[Stored data entries]
+--
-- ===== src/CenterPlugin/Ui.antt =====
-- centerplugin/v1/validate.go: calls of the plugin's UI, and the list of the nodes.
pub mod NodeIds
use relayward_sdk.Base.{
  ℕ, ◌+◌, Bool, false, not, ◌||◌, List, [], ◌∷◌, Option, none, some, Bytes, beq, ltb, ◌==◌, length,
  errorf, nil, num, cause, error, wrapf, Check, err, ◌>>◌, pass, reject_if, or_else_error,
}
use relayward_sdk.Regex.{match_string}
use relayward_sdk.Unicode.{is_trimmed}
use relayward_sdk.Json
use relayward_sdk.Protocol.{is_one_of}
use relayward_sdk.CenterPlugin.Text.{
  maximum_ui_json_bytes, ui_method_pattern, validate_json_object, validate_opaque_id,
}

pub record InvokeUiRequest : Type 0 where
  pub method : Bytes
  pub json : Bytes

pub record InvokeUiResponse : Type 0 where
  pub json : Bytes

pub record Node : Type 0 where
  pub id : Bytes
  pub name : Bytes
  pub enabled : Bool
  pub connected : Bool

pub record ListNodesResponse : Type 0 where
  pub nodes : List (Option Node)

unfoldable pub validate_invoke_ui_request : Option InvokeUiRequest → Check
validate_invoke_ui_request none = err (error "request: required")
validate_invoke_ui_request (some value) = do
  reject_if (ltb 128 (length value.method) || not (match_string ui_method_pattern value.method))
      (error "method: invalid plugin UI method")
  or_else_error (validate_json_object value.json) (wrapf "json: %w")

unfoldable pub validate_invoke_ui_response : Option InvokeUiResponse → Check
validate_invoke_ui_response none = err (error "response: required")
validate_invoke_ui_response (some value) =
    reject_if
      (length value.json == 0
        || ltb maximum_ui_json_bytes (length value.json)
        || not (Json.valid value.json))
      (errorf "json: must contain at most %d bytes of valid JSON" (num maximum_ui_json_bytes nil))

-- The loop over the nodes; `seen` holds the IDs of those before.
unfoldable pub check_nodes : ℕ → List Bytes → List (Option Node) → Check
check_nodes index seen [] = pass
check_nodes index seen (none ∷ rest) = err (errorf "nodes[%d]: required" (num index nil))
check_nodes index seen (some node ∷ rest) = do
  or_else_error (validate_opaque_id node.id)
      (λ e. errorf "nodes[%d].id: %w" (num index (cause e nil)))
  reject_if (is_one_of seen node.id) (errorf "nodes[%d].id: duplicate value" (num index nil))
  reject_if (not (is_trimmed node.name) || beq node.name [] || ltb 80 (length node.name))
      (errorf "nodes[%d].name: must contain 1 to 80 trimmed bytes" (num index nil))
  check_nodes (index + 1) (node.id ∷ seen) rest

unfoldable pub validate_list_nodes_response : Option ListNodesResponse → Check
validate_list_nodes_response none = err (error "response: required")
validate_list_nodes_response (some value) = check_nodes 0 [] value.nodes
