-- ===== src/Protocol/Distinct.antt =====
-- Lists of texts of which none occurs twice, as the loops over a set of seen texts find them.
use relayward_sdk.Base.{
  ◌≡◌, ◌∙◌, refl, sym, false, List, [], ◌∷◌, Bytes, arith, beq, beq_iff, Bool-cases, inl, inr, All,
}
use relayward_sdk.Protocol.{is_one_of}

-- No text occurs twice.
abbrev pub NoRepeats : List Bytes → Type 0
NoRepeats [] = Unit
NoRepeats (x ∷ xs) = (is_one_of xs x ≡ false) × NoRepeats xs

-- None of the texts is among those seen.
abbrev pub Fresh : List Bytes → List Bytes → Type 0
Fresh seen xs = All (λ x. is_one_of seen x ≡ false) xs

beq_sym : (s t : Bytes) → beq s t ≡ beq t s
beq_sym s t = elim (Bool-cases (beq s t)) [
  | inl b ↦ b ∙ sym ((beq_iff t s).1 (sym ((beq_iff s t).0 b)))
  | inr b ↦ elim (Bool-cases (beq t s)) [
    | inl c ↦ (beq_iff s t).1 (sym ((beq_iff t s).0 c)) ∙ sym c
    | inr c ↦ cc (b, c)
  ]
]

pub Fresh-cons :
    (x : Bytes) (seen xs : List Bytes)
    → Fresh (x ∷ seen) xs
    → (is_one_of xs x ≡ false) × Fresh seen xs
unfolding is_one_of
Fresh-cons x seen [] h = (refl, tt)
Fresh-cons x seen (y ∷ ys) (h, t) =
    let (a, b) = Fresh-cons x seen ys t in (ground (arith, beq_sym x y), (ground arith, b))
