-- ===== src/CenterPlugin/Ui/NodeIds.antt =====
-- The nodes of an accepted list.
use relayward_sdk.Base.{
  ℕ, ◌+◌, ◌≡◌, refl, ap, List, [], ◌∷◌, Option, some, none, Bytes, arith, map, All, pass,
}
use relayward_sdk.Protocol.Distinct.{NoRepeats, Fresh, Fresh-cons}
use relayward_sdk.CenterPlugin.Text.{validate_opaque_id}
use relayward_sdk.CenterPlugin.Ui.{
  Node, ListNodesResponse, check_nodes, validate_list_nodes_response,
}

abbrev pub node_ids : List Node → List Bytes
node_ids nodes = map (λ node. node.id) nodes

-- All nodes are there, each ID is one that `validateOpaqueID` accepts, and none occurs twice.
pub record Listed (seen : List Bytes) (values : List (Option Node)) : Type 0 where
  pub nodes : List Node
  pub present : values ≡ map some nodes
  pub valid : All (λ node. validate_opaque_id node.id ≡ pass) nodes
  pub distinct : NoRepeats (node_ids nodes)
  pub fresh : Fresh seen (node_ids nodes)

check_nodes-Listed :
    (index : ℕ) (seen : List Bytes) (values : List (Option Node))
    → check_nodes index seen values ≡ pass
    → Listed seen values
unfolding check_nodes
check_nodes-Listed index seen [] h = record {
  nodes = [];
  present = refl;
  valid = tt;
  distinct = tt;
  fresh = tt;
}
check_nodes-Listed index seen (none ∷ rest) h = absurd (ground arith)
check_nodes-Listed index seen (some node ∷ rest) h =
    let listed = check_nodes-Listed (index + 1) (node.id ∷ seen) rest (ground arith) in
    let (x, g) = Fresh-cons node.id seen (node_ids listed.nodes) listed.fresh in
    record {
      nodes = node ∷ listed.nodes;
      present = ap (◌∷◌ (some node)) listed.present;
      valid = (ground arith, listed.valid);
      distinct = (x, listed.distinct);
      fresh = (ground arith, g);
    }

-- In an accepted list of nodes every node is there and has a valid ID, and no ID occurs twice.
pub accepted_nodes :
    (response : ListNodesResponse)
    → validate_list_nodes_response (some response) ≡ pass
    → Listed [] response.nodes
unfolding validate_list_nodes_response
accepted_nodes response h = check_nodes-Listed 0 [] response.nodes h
+--
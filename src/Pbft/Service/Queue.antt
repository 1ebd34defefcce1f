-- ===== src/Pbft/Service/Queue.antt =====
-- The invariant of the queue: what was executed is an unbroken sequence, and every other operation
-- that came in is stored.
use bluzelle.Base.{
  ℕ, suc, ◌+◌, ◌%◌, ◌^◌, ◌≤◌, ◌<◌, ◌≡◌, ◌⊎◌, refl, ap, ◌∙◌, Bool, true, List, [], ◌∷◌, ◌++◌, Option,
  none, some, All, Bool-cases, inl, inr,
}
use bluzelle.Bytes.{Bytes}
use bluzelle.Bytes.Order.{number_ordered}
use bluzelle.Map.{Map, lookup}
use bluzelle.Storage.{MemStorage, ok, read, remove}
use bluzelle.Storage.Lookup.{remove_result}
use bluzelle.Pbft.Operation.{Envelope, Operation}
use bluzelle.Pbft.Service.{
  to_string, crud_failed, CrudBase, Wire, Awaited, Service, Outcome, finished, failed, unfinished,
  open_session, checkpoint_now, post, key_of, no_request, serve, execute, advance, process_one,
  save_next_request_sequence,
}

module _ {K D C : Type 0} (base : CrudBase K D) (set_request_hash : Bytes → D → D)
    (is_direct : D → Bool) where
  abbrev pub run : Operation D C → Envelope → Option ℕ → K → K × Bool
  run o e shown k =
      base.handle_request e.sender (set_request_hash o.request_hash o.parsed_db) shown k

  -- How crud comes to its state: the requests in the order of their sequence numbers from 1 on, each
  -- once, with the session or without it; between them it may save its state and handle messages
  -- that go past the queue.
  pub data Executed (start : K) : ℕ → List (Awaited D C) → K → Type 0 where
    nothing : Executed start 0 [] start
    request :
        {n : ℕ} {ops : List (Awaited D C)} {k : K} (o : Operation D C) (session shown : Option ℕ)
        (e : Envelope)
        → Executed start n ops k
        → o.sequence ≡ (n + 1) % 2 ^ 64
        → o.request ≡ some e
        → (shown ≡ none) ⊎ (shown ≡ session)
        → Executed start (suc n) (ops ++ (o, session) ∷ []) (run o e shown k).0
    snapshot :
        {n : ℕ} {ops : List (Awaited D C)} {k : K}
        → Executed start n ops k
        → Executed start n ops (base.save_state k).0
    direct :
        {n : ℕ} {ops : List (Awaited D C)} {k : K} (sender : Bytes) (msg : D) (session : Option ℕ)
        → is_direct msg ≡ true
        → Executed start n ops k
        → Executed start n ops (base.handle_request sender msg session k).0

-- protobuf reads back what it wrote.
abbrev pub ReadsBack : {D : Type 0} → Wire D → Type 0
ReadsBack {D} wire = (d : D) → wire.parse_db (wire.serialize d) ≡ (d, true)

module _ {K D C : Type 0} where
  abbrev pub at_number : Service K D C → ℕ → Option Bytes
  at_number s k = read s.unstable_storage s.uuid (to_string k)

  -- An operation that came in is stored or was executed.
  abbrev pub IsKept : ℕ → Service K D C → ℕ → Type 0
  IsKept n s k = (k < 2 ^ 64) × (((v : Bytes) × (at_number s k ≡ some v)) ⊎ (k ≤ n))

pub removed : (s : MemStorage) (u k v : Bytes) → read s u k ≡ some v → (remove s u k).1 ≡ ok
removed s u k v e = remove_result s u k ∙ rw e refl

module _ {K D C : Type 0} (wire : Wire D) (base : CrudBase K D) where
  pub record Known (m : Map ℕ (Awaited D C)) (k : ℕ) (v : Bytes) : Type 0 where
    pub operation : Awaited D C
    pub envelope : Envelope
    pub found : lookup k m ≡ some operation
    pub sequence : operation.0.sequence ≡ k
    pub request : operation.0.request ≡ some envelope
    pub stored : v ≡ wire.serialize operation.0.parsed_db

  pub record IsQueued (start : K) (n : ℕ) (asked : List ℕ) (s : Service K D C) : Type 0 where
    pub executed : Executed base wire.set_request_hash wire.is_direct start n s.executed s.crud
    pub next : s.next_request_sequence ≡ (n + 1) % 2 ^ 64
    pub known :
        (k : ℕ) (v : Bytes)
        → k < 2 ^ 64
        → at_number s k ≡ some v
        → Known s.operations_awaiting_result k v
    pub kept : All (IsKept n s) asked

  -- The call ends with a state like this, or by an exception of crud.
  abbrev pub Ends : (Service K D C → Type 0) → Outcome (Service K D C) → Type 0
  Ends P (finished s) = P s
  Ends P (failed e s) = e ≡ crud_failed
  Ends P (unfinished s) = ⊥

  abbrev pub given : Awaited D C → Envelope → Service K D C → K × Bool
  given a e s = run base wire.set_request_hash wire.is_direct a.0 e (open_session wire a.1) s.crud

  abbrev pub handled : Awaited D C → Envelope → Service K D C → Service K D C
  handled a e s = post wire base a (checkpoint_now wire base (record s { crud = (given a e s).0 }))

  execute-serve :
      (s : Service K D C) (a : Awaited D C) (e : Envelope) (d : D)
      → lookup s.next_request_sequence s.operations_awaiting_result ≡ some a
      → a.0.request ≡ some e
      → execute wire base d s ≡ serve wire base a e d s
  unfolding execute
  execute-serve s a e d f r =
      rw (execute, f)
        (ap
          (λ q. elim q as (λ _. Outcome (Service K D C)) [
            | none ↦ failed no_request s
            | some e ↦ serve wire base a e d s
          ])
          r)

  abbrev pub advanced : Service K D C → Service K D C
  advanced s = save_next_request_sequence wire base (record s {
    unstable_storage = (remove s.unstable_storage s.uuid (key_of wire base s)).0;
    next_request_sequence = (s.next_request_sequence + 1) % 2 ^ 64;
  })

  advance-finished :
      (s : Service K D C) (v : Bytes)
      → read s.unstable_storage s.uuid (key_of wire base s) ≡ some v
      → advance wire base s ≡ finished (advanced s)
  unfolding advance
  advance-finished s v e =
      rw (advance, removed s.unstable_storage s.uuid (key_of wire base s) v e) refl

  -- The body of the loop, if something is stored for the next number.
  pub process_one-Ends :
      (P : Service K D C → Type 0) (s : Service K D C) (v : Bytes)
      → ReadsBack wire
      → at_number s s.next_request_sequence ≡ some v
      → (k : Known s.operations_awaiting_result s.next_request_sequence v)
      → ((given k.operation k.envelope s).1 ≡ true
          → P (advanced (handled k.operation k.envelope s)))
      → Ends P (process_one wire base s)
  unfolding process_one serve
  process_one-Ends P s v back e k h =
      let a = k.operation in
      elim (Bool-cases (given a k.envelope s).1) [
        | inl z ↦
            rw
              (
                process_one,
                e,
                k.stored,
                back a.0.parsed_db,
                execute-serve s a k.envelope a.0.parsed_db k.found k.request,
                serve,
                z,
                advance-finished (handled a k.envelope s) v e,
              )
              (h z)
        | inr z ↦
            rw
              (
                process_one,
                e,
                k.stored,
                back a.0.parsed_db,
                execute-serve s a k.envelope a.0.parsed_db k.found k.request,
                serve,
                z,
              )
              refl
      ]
+--
Exercise instructions: Say only the number of lines of the data above in which the string "module" occurs.

Solution for this problem: 3